Records shown: Begin

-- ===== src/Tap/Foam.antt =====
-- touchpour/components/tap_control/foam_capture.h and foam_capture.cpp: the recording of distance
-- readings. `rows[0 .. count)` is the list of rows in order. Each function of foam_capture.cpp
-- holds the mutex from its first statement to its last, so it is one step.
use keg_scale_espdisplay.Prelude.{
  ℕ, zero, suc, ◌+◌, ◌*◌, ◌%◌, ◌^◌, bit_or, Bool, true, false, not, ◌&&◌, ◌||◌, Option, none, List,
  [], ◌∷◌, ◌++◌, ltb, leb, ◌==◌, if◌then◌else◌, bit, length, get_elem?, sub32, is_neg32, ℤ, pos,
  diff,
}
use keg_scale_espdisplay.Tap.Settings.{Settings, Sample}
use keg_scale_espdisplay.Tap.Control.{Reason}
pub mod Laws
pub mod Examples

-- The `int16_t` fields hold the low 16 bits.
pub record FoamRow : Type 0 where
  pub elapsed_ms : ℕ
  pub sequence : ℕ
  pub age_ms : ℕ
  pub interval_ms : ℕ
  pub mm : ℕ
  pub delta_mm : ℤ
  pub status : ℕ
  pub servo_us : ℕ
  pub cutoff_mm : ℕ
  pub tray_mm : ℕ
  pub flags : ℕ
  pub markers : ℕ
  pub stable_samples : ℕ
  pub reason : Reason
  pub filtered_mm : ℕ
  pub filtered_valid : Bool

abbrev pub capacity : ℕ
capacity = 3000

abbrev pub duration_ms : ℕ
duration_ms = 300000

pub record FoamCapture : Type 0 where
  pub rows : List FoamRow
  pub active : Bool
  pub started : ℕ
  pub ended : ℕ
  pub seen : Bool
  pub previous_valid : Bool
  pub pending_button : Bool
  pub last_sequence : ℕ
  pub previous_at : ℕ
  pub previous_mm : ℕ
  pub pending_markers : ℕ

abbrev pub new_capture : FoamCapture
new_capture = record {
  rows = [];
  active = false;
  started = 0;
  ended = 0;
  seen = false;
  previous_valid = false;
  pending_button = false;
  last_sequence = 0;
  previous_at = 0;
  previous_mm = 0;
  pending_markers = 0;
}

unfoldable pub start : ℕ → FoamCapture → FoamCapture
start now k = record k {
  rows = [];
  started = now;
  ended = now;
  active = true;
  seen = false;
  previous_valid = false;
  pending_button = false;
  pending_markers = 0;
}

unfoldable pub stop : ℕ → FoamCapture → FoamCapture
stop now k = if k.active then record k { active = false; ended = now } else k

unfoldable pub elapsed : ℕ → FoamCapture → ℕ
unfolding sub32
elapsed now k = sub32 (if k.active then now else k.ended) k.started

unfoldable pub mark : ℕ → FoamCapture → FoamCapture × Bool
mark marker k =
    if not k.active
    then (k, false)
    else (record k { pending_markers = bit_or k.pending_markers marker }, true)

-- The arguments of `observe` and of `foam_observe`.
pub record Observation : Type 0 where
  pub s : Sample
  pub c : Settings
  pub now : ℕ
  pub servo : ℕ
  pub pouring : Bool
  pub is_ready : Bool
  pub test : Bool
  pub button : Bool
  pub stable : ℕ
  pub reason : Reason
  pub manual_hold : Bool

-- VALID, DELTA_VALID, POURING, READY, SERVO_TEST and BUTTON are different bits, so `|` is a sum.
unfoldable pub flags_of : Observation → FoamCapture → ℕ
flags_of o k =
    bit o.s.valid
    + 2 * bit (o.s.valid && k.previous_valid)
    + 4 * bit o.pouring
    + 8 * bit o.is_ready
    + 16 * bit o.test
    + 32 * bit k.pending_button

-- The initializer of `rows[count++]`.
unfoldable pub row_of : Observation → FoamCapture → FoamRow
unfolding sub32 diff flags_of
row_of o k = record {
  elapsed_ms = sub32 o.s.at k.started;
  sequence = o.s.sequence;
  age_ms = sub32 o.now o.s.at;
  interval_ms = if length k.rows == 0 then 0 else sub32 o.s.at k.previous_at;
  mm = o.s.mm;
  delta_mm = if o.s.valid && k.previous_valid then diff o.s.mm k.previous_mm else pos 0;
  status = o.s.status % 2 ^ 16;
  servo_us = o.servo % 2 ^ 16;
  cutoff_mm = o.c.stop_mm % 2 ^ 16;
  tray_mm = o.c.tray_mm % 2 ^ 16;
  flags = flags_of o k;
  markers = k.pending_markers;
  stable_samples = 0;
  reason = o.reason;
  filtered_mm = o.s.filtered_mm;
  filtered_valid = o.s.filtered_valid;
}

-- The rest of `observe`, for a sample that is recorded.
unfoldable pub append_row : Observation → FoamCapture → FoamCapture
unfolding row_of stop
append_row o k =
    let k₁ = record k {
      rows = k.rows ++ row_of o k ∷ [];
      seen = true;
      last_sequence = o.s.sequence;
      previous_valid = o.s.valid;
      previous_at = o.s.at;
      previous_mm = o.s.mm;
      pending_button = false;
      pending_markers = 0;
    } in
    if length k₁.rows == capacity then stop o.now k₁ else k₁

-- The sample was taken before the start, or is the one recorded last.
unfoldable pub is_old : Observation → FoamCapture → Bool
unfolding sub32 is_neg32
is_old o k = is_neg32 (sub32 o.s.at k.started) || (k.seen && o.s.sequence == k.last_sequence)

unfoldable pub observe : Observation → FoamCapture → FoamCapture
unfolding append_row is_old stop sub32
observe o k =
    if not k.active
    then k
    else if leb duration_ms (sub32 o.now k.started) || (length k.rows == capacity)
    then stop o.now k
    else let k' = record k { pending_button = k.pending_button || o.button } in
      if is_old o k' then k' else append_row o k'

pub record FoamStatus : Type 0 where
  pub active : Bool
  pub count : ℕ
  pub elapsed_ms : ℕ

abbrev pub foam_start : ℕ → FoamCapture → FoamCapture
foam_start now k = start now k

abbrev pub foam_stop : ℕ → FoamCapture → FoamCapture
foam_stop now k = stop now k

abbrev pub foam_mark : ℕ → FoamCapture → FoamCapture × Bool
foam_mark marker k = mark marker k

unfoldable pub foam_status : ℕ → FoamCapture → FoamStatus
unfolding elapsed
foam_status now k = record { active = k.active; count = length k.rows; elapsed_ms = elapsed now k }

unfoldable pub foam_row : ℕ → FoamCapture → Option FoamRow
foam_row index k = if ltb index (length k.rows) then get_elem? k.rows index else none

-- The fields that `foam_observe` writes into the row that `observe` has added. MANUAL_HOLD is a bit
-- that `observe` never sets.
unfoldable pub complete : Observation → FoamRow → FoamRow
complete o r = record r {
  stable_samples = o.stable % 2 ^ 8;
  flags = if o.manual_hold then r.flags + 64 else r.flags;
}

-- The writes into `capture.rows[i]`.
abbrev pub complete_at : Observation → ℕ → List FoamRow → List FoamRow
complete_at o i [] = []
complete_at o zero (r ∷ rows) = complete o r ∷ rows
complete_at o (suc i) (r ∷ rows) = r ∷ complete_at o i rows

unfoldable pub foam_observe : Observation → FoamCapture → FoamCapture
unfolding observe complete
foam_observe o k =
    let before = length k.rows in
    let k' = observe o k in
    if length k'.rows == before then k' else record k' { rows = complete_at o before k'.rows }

Records shown: End

◆ **Aim of the exercise**: What you return should match the data character for character.

◆ **Finished exercise**:
-- ===== src/Tap/Foam.antt =====
-- touchpour/components/tap_control/foam_capture.h and foam_capture.cpp: the recording of distance
-- readings. `rows[0 .. count)` is the list of rows in order. Each function of foam_capture.cpp
-- holds the mutex from its first statement to its last, so it is one step.
use keg_scale_espdisplay.Prelude.{
  ℕ, zero, suc, ◌+◌, ◌*◌, ◌%◌, ◌^◌, bit_or, Bool, true, false, not, ◌&&◌, ◌||◌, Option, none, List,
  [], ◌∷◌, ◌++◌, ltb, leb, ◌==◌, if◌then◌else◌, bit, length, get_elem?, sub32, is_neg32, ℤ, pos,
  diff,
}
use keg_scale_espdisplay.Tap.Settings.{Settings, Sample}
use keg_scale_espdisplay.Tap.Control.{Reason}
pub mod Laws
pub mod Examples

-- The `int16_t` fields hold the low 16 bits.
pub record FoamRow : Type 0 where
  pub elapsed_ms : ℕ
  pub sequence : ℕ
  pub age_ms : ℕ
  pub interval_ms : ℕ
  pub mm : ℕ
  pub delta_mm : ℤ
  pub status : ℕ
  pub servo_us : ℕ
  pub cutoff_mm : ℕ
  pub tray_mm : ℕ
  pub flags : ℕ
  pub markers : ℕ
  pub stable_samples : ℕ
  pub reason : Reason
  pub filtered_mm : ℕ
  pub filtered_valid : Bool

abbrev pub capacity : ℕ
capacity = 3000

abbrev pub duration_ms : ℕ
duration_ms = 300000

pub record FoamCapture : Type 0 where
  pub rows : List FoamRow
  pub active : Bool
  pub started : ℕ
  pub ended : ℕ
  pub seen : Bool
  pub previous_valid : Bool
  pub pending_button : Bool
  pub last_sequence : ℕ
  pub previous_at : ℕ
  pub previous_mm : ℕ
  pub pending_markers : ℕ

abbrev pub new_capture : FoamCapture
new_capture = record {
  rows = [];
  active = false;
  started = 0;
  ended = 0;
  seen = false;
  previous_valid = false;
  pending_button = false;
  last_sequence = 0;
  previous_at = 0;
  previous_mm = 0;
  pending_markers = 0;
}

unfoldable pub start : ℕ → FoamCapture → FoamCapture
start now k = record k {
  rows = [];
  started = now;
  ended = now;
  active = true;
  seen = false;
  previous_valid = false;
  pending_button = false;
  pending_markers = 0;
}

unfoldable pub stop : ℕ → FoamCapture → FoamCapture
stop now k = if k.active then record k { active = false; ended = now } else k

unfoldable pub elapsed : ℕ → FoamCapture → ℕ
unfolding sub32
elapsed now k = sub32 (if k.active then now else k.ended) k.started

unfoldable pub mark : ℕ → FoamCapture → FoamCapture × Bool
mark marker k =
    if not k.active
    then (k, false)
    else (record k { pending_markers = bit_or k.pending_markers marker }, true)

-- The arguments of `observe` and of `foam_observe`.
pub record Observation : Type 0 where
  pub s : Sample
  pub c : Settings
  pub now : ℕ
  pub servo : ℕ
  pub pouring : Bool
  pub is_ready : Bool
  pub test : Bool
  pub button : Bool
  pub stable : ℕ
  pub reason : Reason
  pub manual_hold : Bool

-- VALID, DELTA_VALID, POURING, READY, SERVO_TEST and BUTTON are different bits, so `|` is a sum.
unfoldable pub flags_of : Observation → FoamCapture → ℕ
flags_of o k =
    bit o.s.valid
    + 2 * bit (o.s.valid && k.previous_valid)
    + 4 * bit o.pouring
    + 8 * bit o.is_ready
    + 16 * bit o.test
    + 32 * bit k.pending_button

-- The initializer of `rows[count++]`.
unfoldable pub row_of : Observation → FoamCapture → FoamRow
unfolding sub32 diff flags_of
row_of o k = record {
  elapsed_ms = sub32 o.s.at k.started;
  sequence = o.s.sequence;
  age_ms = sub32 o.now o.s.at;
  interval_ms = if length k.rows == 0 then 0 else sub32 o.s.at k.previous_at;
  mm = o.s.mm;
  delta_mm = if o.s.valid && k.previous_valid then diff o.s.mm k.previous_mm else pos 0;
  status = o.s.status % 2 ^ 16;
  servo_us = o.servo % 2 ^ 16;
  cutoff_mm = o.c.stop_mm % 2 ^ 16;
  tray_mm = o.c.tray_mm % 2 ^ 16;
  flags = flags_of o k;
  markers = k.pending_markers;
  stable_samples = 0;
  reason = o.reason;
  filtered_mm = o.s.filtered_mm;
  filtered_valid = o.s.filtered_valid;
}

-- The rest of `observe`, for a sample that is recorded.
unfoldable pub append_row : Observation → FoamCapture → FoamCapture
unfolding row_of stop
append_row o k =
    let k₁ = record k {
      rows = k.rows ++ row_of o k ∷ [];
      seen = true;
      last_sequence = o.s.sequence;
      previous_valid = o.s.valid;
      previous_at = o.s.at;
      previous_mm = o.s.mm;
      pending_button = false;
      pending_markers = 0;
    } in
    if length k₁.rows == capacity then stop o.now k₁ else k₁

-- The sample was taken before the start, or is the one recorded last.
unfoldable pub is_old : Observation → FoamCapture → Bool
unfolding sub32 is_neg32
is_old o k = is_neg32 (sub32 o.s.at k.started) || (k.seen && o.s.sequence == k.last_sequence)

unfoldable pub observe : Observation → FoamCapture → FoamCapture
unfolding append_row is_old stop sub32
observe o k =
    if not k.active
    then k
    else if leb duration_ms (sub32 o.now k.started) || (length k.rows == capacity)
    then stop o.now k
    else let k' = record k { pending_button = k.pending_button || o.button } in
      if is_old o k' then k' else append_row o k'

pub record FoamStatus : Type 0 where
  pub active : Bool
  pub count : ℕ
  pub elapsed_ms : ℕ

abbrev pub foam_start : ℕ → FoamCapture → FoamCapture
foam_start now k = start now k

abbrev pub foam_stop : ℕ → FoamCapture → FoamCapture
foam_stop now k = stop now k

abbrev pub foam_mark : ℕ → FoamCapture → FoamCapture × Bool
foam_mark marker k = mark marker k

unfoldable pub foam_status : ℕ → FoamCapture → FoamStatus
unfolding elapsed
foam_status now k = record { active = k.active; count = length k.rows; elapsed_ms = elapsed now k }

unfoldable pub foam_row : ℕ → FoamCapture → Option FoamRow
foam_row index k = if ltb index (length k.rows) then get_elem? k.rows index else none

-- The fields that `foam_observe` writes into the row that `observe` has added. MANUAL_HOLD is a bit
-- that `observe` never sets.
unfoldable pub complete : Observation → FoamRow → FoamRow
complete o r = record r {
  stable_samples = o.stable % 2 ^ 8;
  flags = if o.manual_hold then r.flags + 64 else r.flags;
}

-- The writes into `capture.rows[i]`.
abbrev pub complete_at : Observation → ℕ → List FoamRow → List FoamRow
complete_at o i [] = []
complete_at o zero (r ∷ rows) = complete o r ∷ rows
complete_at o (suc i) (r ∷ rows) = r ∷ complete_at o i rows

unfoldable pub foam_observe : Observation → FoamCapture → FoamCapture
unfolding observe complete
foam_observe o k =
    let before = length k.rows in
    let k' = observe o k in
    if length k'.rows == before then k' else record k' { rows = complete_at o before k'.rows }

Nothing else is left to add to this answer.